I'm studying the Golden Section Search (https://en.wikipedia.org/wiki/Golden-section_search). As I understood, the algorithm should be fed with a minimum of two initial points a and b, and the function should be unimodal between a and b.
I'm trying to find a good solution for an initial guess for 'b', given an 'a'. It seems that it is more usual to ask the user (For example, the SciPy implementation asks for [a,b,c] or [a,b]: https://github.com/scipy/scipy/blob/v0.14.0/scipy/optimize/optimize.py#L1901). I couldn't find any solution to estimate b - I also don't know how hard this problem is.
I tried two things so far:
1) Given 'a' and a 'step', increment 'step' until f(a) < f(a + step_{k-1}) < f(a + step_k).
This approach seems to be very bad, since it seem to decrease the overall performance of the golden search algorithm. Also, there is no guarantee that the step didn't "jumped over" a minimum.
2) Given 'a', run x_ = golden_search(a, a + step_k) until f(x_) is minimum (first/second order tests) or make step_{k+1} = step_k + eps.

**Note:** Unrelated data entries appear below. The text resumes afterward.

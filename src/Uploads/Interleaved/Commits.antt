-- ===== src/Uploads/Interleaved/Commits.antt =====
-- What one commit of an interleaved request does to the tables.
pub mod Rows
use distributed_file_service.Prelude.{
  none, Option, All, Bool, Bool-cases, List, [], arith, count, distinct, false, find, inl, inr,
  refl, some, sym, true, update, ℕ, ◌<◌, ◌∙◌, ◌∷◌, ◌≡◌, ◌≢◌, ◌≤◌,
}
use distributed_file_service.Text.{Text, text_eq, text_eq_iff}
use distributed_file_service.Models.Columns.{set_columns, set_columns-uploaded}
use distributed_file_service.Models.{
  Chunk, Db, Upload, completed, has_id, is_chunk, is_initiated, is_uploaded, of_upload, uploaded,
  uploaded_of,
}
use distributed_file_service.Models.Rows.{All-append, count-append, find-update_upload}
use distributed_file_service.Uploads.Download.Missing.{count-le-total}
use distributed_file_service.Uploads.Sound.{Fits, IsSound, same_chunk}
use distributed_file_service.Uploads.Sound.Rows.{count-update_other, is_chunk_other}
use distributed_file_service.Uploads.Sound.Changes.{found_after, none_after}
use distributed_file_service.Uploads.Interleaved.Commits.Rows.{
  All-write, count-write_more, count-write_other, set_columns-Fits,
}
use distributed_file_service.Uploads.Interleaved.Chunks.{start_loaded, write_chunk_row}

abbrev pub Found : Text → Upload → Db → Type 0
Found id u db = find (has_id id) db.uploads ≡ some u

-- What no commit takes back: uploads stay, with their number of chunks, none becomes INITIATED
-- again, and no upload has fewer uploaded chunks.
pub record Grows (a b : Db) : Type 0 where
  pub kept :
      (id : Text) (u : Upload)
      → Found id u a
      → (t : Upload) × Found id t b
        × (t.total_chunks ≡ u.total_chunks)
        × (is_initiated t.status ≡ true → is_initiated u.status ≡ true)
  pub more : (id : Text) → count (uploaded_of id) a.chunks ≤ count (uploaded_of id) b.chunks

pub Grows-same : (a b : Db) → b.uploads ≡ a.uploads → b.chunks ≡ a.chunks → Grows a b
Grows-same a b u c = record {
  kept = λ id t e. (t, rw u e, refl, λ h. h);
  more = λ id. rw c (omega arith);
}

module _ (i : Text) (f : Upload → Upload) (same_id : (u : Upload) → (f u).id ≡ u.id) where
  -- A change of the rows of one id.
  pub update-kept :
      (us : List Upload)
      → ((u : Upload)
          → ((f u).total_chunks ≡ u.total_chunks)
            × (is_initiated (f u).status ≡ true → is_initiated u.status ≡ true))
      → (id : Text) (u : Upload) → find (has_id id) us ≡ some u
      → (t : Upload) × (find (has_id id) (update (has_id i) f us) ≡ some t)
        × (t.total_chunks ≡ u.total_chunks)
        × (is_initiated t.status ≡ true → is_initiated u.status ≡ true)
  update-kept us ok_f id u e = elim (Bool-cases (text_eq i id)) [
    | inl k ↦
        (f u, ground (arith, find-update_upload i id f us same_id, k, e), (ok_f u).0, (ok_f u).1)
    | inr k ↦ (u, ground (arith, find-update_upload i id f us same_id, k, e), refl, λ h. h)
  ]

-- The tables after a commit, the idempotency rows left out.
abbrev pub with_row : Upload → Option Chunk → Chunk → ℕ → Db → Db
with_row u existing c now db = record db {
  chunks = write_chunk_row existing c db.chunks;
  uploads = update (has_id c.upload_id) (start_loaded u now) db.uploads;
}

pub with_row-Grows :
    (u : Upload) (existing : Option Chunk) (c : Chunk) (now : ℕ) (db : Db)
    → is_uploaded c.status ≡ true
    → Grows db (with_row u existing c now db)
with_row-Grows u existing c now db up = record {
  kept =
      update-kept c.upload_id (start_loaded u now) (λ x. refl) db.uploads
        (λ x. (refl, λ h. ground (arith, h)));
  more = λ id. count-write_more id existing c db.chunks up;
}

-- The commit of a request that loaded `u`, when the row has become `t`.
pub with_row-IsSound :
    (u t : Upload) (existing : Option Chunk) (c : Chunk) (now : ℕ) (db : Db)
    → Found c.upload_id t db
    → t.total_chunks ≡ u.total_chunks
    → (is_initiated t.status ≡ true → is_initiated u.status ≡ true)
    → c.chunk_index < u.total_chunks
    → c.status ≡ uploaded
    → distinct same_chunk (write_chunk_row existing c db.chunks) ≡ true
    → IsSound db
    → IsSound (with_row u existing c now db)
with_row-IsSound u t existing c now db found number first range up unique h =
    let id = c.upload_id in
    let f = start_loaded u now in
    record {
      complete = λ j x e done.
          found_after id j f db.uploads x (λ y. refl) e
            (λ k y n same.
              let was : y.status ≡ completed = ground (arith, same, done) in
              rw same (full j y n was))
            (λ d n.
              counted j (uploaded_of j) (λ y q. unfold uploaded_of in rw q refl) d
              ∙ h.complete j x n done);
      rows = all_rows;
      no_orphan = λ j e.
          let n = none_after id j f db.uploads (λ y. refl) e in
          counted j (of_upload j) (λ y q. unfold of_upload in q)
            (λ k. ground (arith, rw k at found, n))
          ∙ h.no_orphan j n;
      initial = λ j x e s.
          found_after id j f db.uploads x (λ y. refl) e
            (λ k y n same.
              let was : y ≡ t = ground (arith, rw k at found, n) in
              absurd (ground (arith, rw was at same, s, first)))
            (λ d n. counted j (of_upload j) (λ y q. unfold of_upload in q) d ∙ h.initial j x n s);
      unique_chunks = unique;
    }
  where
    counted :
        (j : Text) (p : Chunk → Bool)
        → ((y : Chunk) → text_eq y.upload_id j ≡ false → p y ≡ false)
        → (c.upload_id ≢ j)
        → count p (write_chunk_row existing c db.chunks) ≡ count p db.chunks
    counted j p q k =
        count-write_other p existing c j db.chunks q (ground (arith, text_eq_iff c.upload_id j, k))

    new_fits : (j : Text) (y : Upload) → Found j y db → Fits j y.total_chunks c
    new_fits j y n = record {
      fits = λ q. ground (arith, range, up, found, rw (sym q) at n, number);
    }

    rows_of :
        (j : Text) (y : Upload)
        → Found j y db
        → All (Fits j y.total_chunks) (write_chunk_row existing c db.chunks)
    rows_of j y n =
        All-write (Fits j y.total_chunks) existing c db.chunks
          (λ l x own old. set_columns-Fits c l x j y.total_chunks own old (new_fits j y n))
          (new_fits j y n) (h.rows j y n)

    all_rows :
        (j : Text) (x : Upload)
        → Found j x (with_row u existing c now db)
        → All (Fits j x.total_chunks) (write_chunk_row existing c db.chunks)
    all_rows j x e =
        found_after c.upload_id j (start_loaded u now) db.uploads x (λ y. refl) e
          (λ k y n same. rw same (rows_of j y n)) (λ d n. rows_of j x n)

    full :
        (j : Text) (y : Upload)
        → Found j y db
        → y.status ≡ completed
        → count (uploaded_of j) (write_chunk_row existing c db.chunks) ≡ y.total_chunks
    full j y n done = omega (
      arith,
      h.complete j y n done,
      count-write_more j existing c db.chunks (rw up refl),
      count-le-total j y.total_chunks (write_chunk_row existing c db.chunks) (rows_of j y n) unique,
    )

Do someone have any better solution, or see any other problem on the two ideas I suggested?
If we assume that the function $f(x)$ is strictly unimodal on $[a, \infty)$ with a minimum at some point $x^*$ such that $x^*>a$, then the problem is at least theoretically solvable. (Johan points out in the comments what goes wrong if $f(x)$ is not strictly unimodal, and is constant on large intervals, but that's a problem for the usual golden-section search as well.)
In this case, by analogy with exponential search for finding zeroes of $f(x)$, we could try a variant of your approach 1 where the step sizes increase exponentially. For instance, evaluate $$f(a+1), f(a + \phi), f(a + \phi^2), f(a + \phi^3), \dots$$ until $f(a + \phi^{k-1}) < f(a + \phi^k)$. Then run the usual golden-section search starting with the three points $(a, a + \phi^{k-1}, a + \phi^k)$.
(The value $f(a+1)$ to start with is arbitrary; we could start with $f(a+\delta)$ for any $\delta>0$, and continue $f(a+\delta \phi), f(a+\delta \phi^2), \dots$. One practical concern with picking $\delta$ is to choose a value large enough that $a+\delta$ is distinguishable from $a$ in your floating-point representation.)
We obviously can't make any guarantees about the running time independent of $x^*$; no matter how many points you try, it's possible that $x^*$ is bigger than all of them. However, this method is guaranteed to find a value of $b$ in $\mathcal O(\log (x^* - a))$ steps.
This is not an unreasonable running time given that, once you've found $b$, you'll need $\mathcal O(\log (b - a))$ steps to estimate $x^*$ to a desired level of precision. In other words, using this search strategy, we don't increase the running time by more than a constant factor of what it would be if we were given $b$ ahead of time.